Multivariate normal distribution

\[(X, Y) \sim \text{N}_{2}(\boldsymbol{\mu}, \Sigma)\]

$\boldsymbol{\mu}$: vector of marginal locations for $X$ and $Y$
$\Sigma$: matrix with marginal variances for $X$ and $Y$ and with their correlation

\[P(X \in A, Y \in B) = \int_{A} \int_{B} f(x, y)\ dxdy\]

Multivariate normal distribution

The marginal distributions of a bivariate normal distribution are normal distributions themselves!

How to compute a marginal from the joint?

\[f_{X}(x) = \int_{\mathcal{Y}} f_{(X, Y)}(x, y) \ dy,\] where $\mathcal{Y}$ is the domain of the random variable $Y$ relative to $X = x$.

Check out this example.

Expectation, Variance, Correlation

\[\begin{split} &E[X] = \int x \cdot f(x) \ dx \\ &\text{Var}[X] = \int x^{2} \cdot f(x) \ dx - (E[X])^{2} \end{split}\]

You will practice all these calculations in the homework!

Correlation

It measures the linear relationship between two random variables.

\[\rho = \text{Cor}(X, Y) = \iint x y \cdot f(x, y) \ dx dy - E[X] E[Y]\]

More on this when we talk about linear regression.

If two variables are independent, then $\rho = 0$.

The converse is NOT true.

Why is this even important?

Supervised learning: study of how $Y$ varies with $X$!

Statistical Inference

Statistical inference

Until now, we have supposed to know the probabilities associated to random events.
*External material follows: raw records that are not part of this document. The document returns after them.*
-- ===== src/Base/Names.antt =====
-- Lists of names: membership, and no name twice.
use Prim.Native.String.{String}
use text.Mathlib.TextEquality.{eq_iff}
use text.Mathlib.TextPositions.{eq_refl}
use mathlib.Core.Path.{◌≡◌, refl, ap, sym, ◌∙◌}
use mathlib.Core.Logic.{inl, inr}
use mathlib.Core.Bool.{Bool, true, false, not, ◌&&◌, ◌||◌}
use mathlib.Core.List.{List, [], ◌∷◌, ◌++◌}
use terminal_status_panel.Base.Tests.{
  Bool-cases, or_assoc, or_false, or_false_right, and_true, not-true, true-false,
}
use terminal_status_panel.Base.Texts.{mem, str_eq}

-- No text stands in the list twice.
abbrev pub distinct : List String → Bool
distinct [] = true
distinct (x ∷ xs) = not (mem x xs) && distinct xs

pub eq_flip : (x y : String) → str_eq y x ≡ false → str_eq x y ≡ false
eq_flip x y h = elim (Bool-cases (str_eq x y)) [
  | inl e ↦ absurd (true-false (sym (ap (λ z. str_eq y z) ((eq_iff x y).0 e) ∙ eq_refl y) ∙ h))
  | inr e ↦ e
]

pub mem-append : (x : String) (xs ys : List String) → mem x (xs ++ ys) ≡ (mem x xs || mem x ys)
mem-append x [] ys = refl
mem-append x (y ∷ xs) ys =
    ap (λ b. str_eq y x || b) (mem-append x xs ys)
    ∙ sym (or_assoc (str_eq y x) (mem x xs) (mem x ys))

pub distinct-snoc :
    (x : String) (xs : List String)
    → mem x xs ≡ false
    → distinct xs ≡ true
    → distinct (xs ++ (x ∷ [])) ≡ true
distinct-snoc x [] h d = refl
distinct-snoc x (y ∷ ys) h d =
    let (apart, later) = or_false (str_eq y x) (mem x ys) h in
    let (new, rest) = and_true (not (mem y ys)) (distinct ys) d in
    let absent =
      mem-append y ys (x ∷ [])
      ∙ ap (λ b. b || (str_eq x y || false)) (not-true (mem y ys) new)
      ∙ or_false_right (str_eq x y)
      ∙ eq_flip x y apart in
    rw absent (distinct-snoc x ys later rest)
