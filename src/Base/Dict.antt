-- ===== src/Base/Dict.antt =====
-- Python's dicts with string keys, as association lists in the order of insertion.
use Prim.Native.String.{String}
use text.Mathlib.TextEquality.{eq_iff}
use text.Mathlib.TextPositions.{eq_refl}
use mathlib.Core.Path.{◌≡◌, ◌∙◌, ap}
use mathlib.Core.Logic.{inl, inr}
use mathlib.Core.Bool.{Bool, false, not, ◌||◌}
use mathlib.Core.Option.{Option, none, some}
use mathlib.Core.List.{List, [], ◌∷◌}
use terminal_status_panel.Base.Tests.{Bool-cases, if◌then◌else◌}
use terminal_status_panel.Base.Texts.{mem, str_eq}

module _ {A : Type 0} where
  -- `d.get(k)`
  unfoldable pub lookup : String → List (String × A) → Option A
  lookup k [] = none
  lookup k ((j, v) ∷ d) = if str_eq j k then some v else lookup k d

  abbrev pub has_key : String → List (String × A) → Bool
  has_key k [] = false
  has_key k ((j, v) ∷ d) = str_eq j k || has_key k d

  -- `{k: v for k, v in d.items() if k not in names}`
  abbrev pub without : List String → List (String × A) → List (String × A)
  without names [] = []
  without names ((k, v) ∷ d) =
      if not (mem k names) then (k, v) ∷ without names d else without names d

  -- The value under a key changed, or one made from nothing put at the end.
  unfoldable pub update : String → (Option A → A) → List (String × A) → List (String × A)
  update k f [] = (k, f none) ∷ []
  update k f ((j, v) ∷ d) = if str_eq j k then (j, f (some v)) ∷ d else (j, v) ∷ update k f d

  -- What an update puts under its key, and what it leaves under the others.
  pub lookup-update :
      (k : String) (f : Option A → A) (d : List (String × A))
      → lookup k (update k f d) ≡ some (f (lookup k d))
  unfolding lookup update
  lookup-update k f [] = rw (eq_refl k)
  lookup-update k f ((j, v) ∷ d) = elim (Bool-cases (str_eq j k)) [
    | inl e ↦ rw (e, e)
    | inr e ↦ rw (e, e) (lookup-update k f d)
  ]

  pub lookup-update_other :
      (j k : String) (f : Option A → A) (d : List (String × A))
      → str_eq j k ≡ false
      → lookup k (update j f d) ≡ lookup k d
  unfolding lookup update
  lookup-update_other j k f [] h = rw h
  lookup-update_other j k f ((i, v) ∷ d) h = elim (Bool-cases (str_eq i j)) [
    | inl e ↦ rw (e, ap (λ x. str_eq x k) ((eq_iff i j).0 e) ∙ h)
    | inr e ↦ rw e (ap (λ o. if str_eq i k then some v else o) (lookup-update_other j k f d h))
  ]
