-- ===== src/Base/Sorting.antt =====
-- Python's stable `sorted(xs, key=…)`, as insertion sort over a test "goes before or ties": it
-- permutes its input, and by a numeric key its output does not fall.
use Prim.Native.Nat.{ℕ, ◌+◌, ◌≤◌}
use mathlib.Core.Path.{◌≡◌, refl}
use mathlib.Core.Bool.{Bool}
use mathlib.Core.Logic.{inl, inr}
use mathlib.Core.List.Perm
use mathlib.Core.List.{List, [], ◌∷◌, Perm}
use native.Mathlib.Omega.{arith}
use terminal_status_panel.Base.Tests.{if◌then◌else◌, leb, leb→le, leb→lt, Bool-cases}
use terminal_status_panel.Base.Lists.{All, sum_of, Elem, All-Elem, All-of_Elem}

module _ {ℓ} {A : Type ℓ} where
  -- The sorted list with `x` put before the first element that does not go before it.
  abbrev pub insert : (A → A → Bool) → A → List A → List A
  insert before x [] = x ∷ []
  insert before x (y ∷ ys) = if before x y then x ∷ y ∷ ys else y ∷ insert before x ys

  abbrev pub sort : (A → A → Bool) → List A → List A
  sort before [] = []
  sort before (x ∷ xs) = insert before x (sort before xs)

  pub insert-perm :
      (before : A → A → Bool) (x : A) (xs : List A) → Perm (insert before x xs) (x ∷ xs)
  insert-perm before x [] = Perm.refl (x ∷ [])
  insert-perm before x (y ∷ ys) = elim (Bool-cases (before x y)) [
    | inl e ↦ rw e (Perm.refl (x ∷ y ∷ ys))
    | inr e ↦ rw e (Perm.trans (Perm.cons y (insert-perm before x ys)) (Perm.swap x y ys))
  ]

  pub sort-perm : (before : A → A → Bool) (xs : List A) → Perm (sort before xs) xs
  sort-perm before [] = Perm.refl []
  sort-perm before (x ∷ xs) =
      Perm.trans (insert-perm before x (sort before xs)) (Perm.cons x (sort-perm before xs))

  -- The numbers of a list by `key` do not fall.
  abbrev pub IsSorted : (A → ℕ) → List A → Type 0
  IsSorted key [] = Unit
  IsSorted key (x ∷ xs) = All (λ y. key x ≤ key y) xs × IsSorted key xs

  pub All-insert {κ} :
      (P : A → Type κ) (before : A → A → Bool) (x : A) (xs : List A)
      → P x
      → All P xs
      → All P (insert before x xs)
  All-insert P before x [] p h = (p, tt)
  All-insert P before x (y ∷ ys) p h = elim (Bool-cases (before x y)) [
    | inl e ↦ rw e (p, h)
    | inr e ↦ rw e (h.0, All-insert P before x ys p h.1)
  ]

  pub All-sort {κ} :
      (P : A → Type κ) (before : A → A → Bool) (xs : List A) → All P xs → All P (sort before xs)
  All-sort P before [] h = tt
  All-sort P before (x ∷ xs) h = All-insert P before x _ h.0 (All-sort P before xs h.1)

  All-le_trans :
      (key : A → ℕ) (m n : ℕ) (xs : List A)
      → m ≤ n
      → All (λ y. n ≤ key y) xs
      → All (λ y. m ≤ key y) xs
  All-le_trans key m n [] h a = tt
  All-le_trans key m n (x ∷ xs) h a = (omega arith, All-le_trans key m n xs h a.1)

  insert-IsSorted :
      (key : A → ℕ) (x : A) (xs : List A)
      → IsSorted key xs
      → IsSorted key (insert (λ a b. leb (key a) (key b)) x xs)
  insert-IsSorted key x [] s = (tt, tt)
  insert-IsSorted key x (y ∷ ys) s = elim (Bool-cases (leb (key x) (key y))) [
    | inl e ↦ rw e ((leb→le _ _ e, All-le_trans key (key x) (key y) ys (leb→le _ _ e) s.0), s)
    | inr e ↦ rw e (
      All-insert (λ z. key y ≤ key z) (λ a b. leb (key a) (key b)) x ys
          (omega (arith, leb→lt (key x) (key y) e)) s.0,
      insert-IsSorted key x ys s.1,
    )
  ]

  pub sort-IsSorted :
      (key : A → ℕ) (xs : List A) → IsSorted key (sort (λ a b. leb (key a) (key b)) xs)
  sort-IsSorted key [] = tt
  sort-IsSorted key (x ∷ xs) = insert-IsSorted key x _ (sort-IsSorted key xs)

  pub sum_of-insert :
      (f : A → ℕ) (before : A → A → Bool) (x : A) (xs : List A)
      → sum_of f (insert before x xs) ≡ f x + sum_of f xs
  sum_of-insert f before x [] = refl
  sum_of-insert f before x (y ∷ ys) = elim (Bool-cases (before x y)) [
    | inl e ↦ rw e
    | inr e ↦ rw e (omega (arith, sum_of-insert f before x ys))
  ]

  pub sum_of-sort :
      (f : A → ℕ) (before : A → A → Bool) (xs : List A) → sum_of f (sort before xs) ≡ sum_of f xs
  sum_of-sort f before [] = refl
  sum_of-sort f before (x ∷ xs) =
      omega (arith, sum_of-insert f before x (sort before xs), sum_of-sort f before xs)

module _ {A : Type 0} where
  Elem-insert :
      (before : A → A → Bool) (x y : A) (xs : List A)
      → Elem y (x ∷ xs)
      → Elem y (insert before x xs)
  Elem-insert before x y [] m = m
  Elem-insert before x y (z ∷ zs) (inl first) = elim (Bool-cases (before x z)) [
    | inl e ↦ rw e (inl first)
    | inr e ↦ rw e (inr (Elem-insert before x y zs (inl first)))
  ]
  Elem-insert before x y (z ∷ zs) (inr (inl second)) = elim (Bool-cases (before x z)) [
    | inl e ↦ rw e (inr (inl second))
    | inr e ↦ rw e (inl second)
  ]
  Elem-insert before x y (z ∷ zs) (inr (inr later)) = elim (Bool-cases (before x z)) [
    | inl e ↦ rw e (inr (inr later))
    | inr e ↦ rw e (inr (Elem-insert before x y zs (inr later)))
  ]

  pub Elem-sort :
      (before : A → A → Bool) (x : A) (xs : List A) → Elem x xs → Elem x (sort before xs)
  Elem-sort before x [] m = m
  Elem-sort before x (y ∷ ys) (inl e) = Elem-insert before y x (sort before ys) (inl e)
  Elem-sort before x (y ∷ ys) (inr m) =
      Elem-insert before y x (sort before ys) (inr (Elem-sort before x ys m))

  pub Elem-of_sort :
      (before : A → A → Bool) (x : A) (xs : List A) → Elem x (sort before xs) → Elem x xs
  Elem-of_sort before x xs m =
      All-Elem (λ y. Elem y xs) (sort before xs) x
        (All-sort (λ y. Elem y xs) before xs (All-of_Elem (λ y. Elem y xs) xs (λ y h. h))) m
In practice, we do not know them, but we have data. The role of a statistician is to assume a statistical model, and estimate its optimal parameters given the data.

One way of doing it is maximum likelihood. More on this in the first homework!

Not only we are interested in the optimal parameters of a statistical model. We might also want to quantify the uncertainty around them: confidence intervals!

Example

We assume that the data are independent and identically distributed as a normal distribution: the likelihood is \[L_{\theta}(x_{1}, \dots, x_{n}) = p(x_{1} \mid \theta) \cdot \dots \cdot p(x_{n} \mid \theta)\]

Statistical inference

Steps:

We want to infer a parameter, say $\mu$, representing the height of the UT college population
We collect a sample of data of UT students, $x_1, \dots, x_n$
We compute an estimate, in this case the average $\bar{x}$. This represents the exact average height in my sample, NOT the true mean height of the population
To quantify uncertainty, we calculate a CI, in this case $\left[\bar{x} + t_{\alpha/2,n-1} \frac{s_n}{\sqrt{n}}; \bar{x} + t_{1 - \alpha/2,n-1} \frac{s_n}{\sqrt{n}}\right]$, where $\alpha$ is the significance level

If we were to repeat the procedure $100$ times, $\mu$ would be in the CI approximately 95 times out of 100 (in the case $\alpha = 5\%$).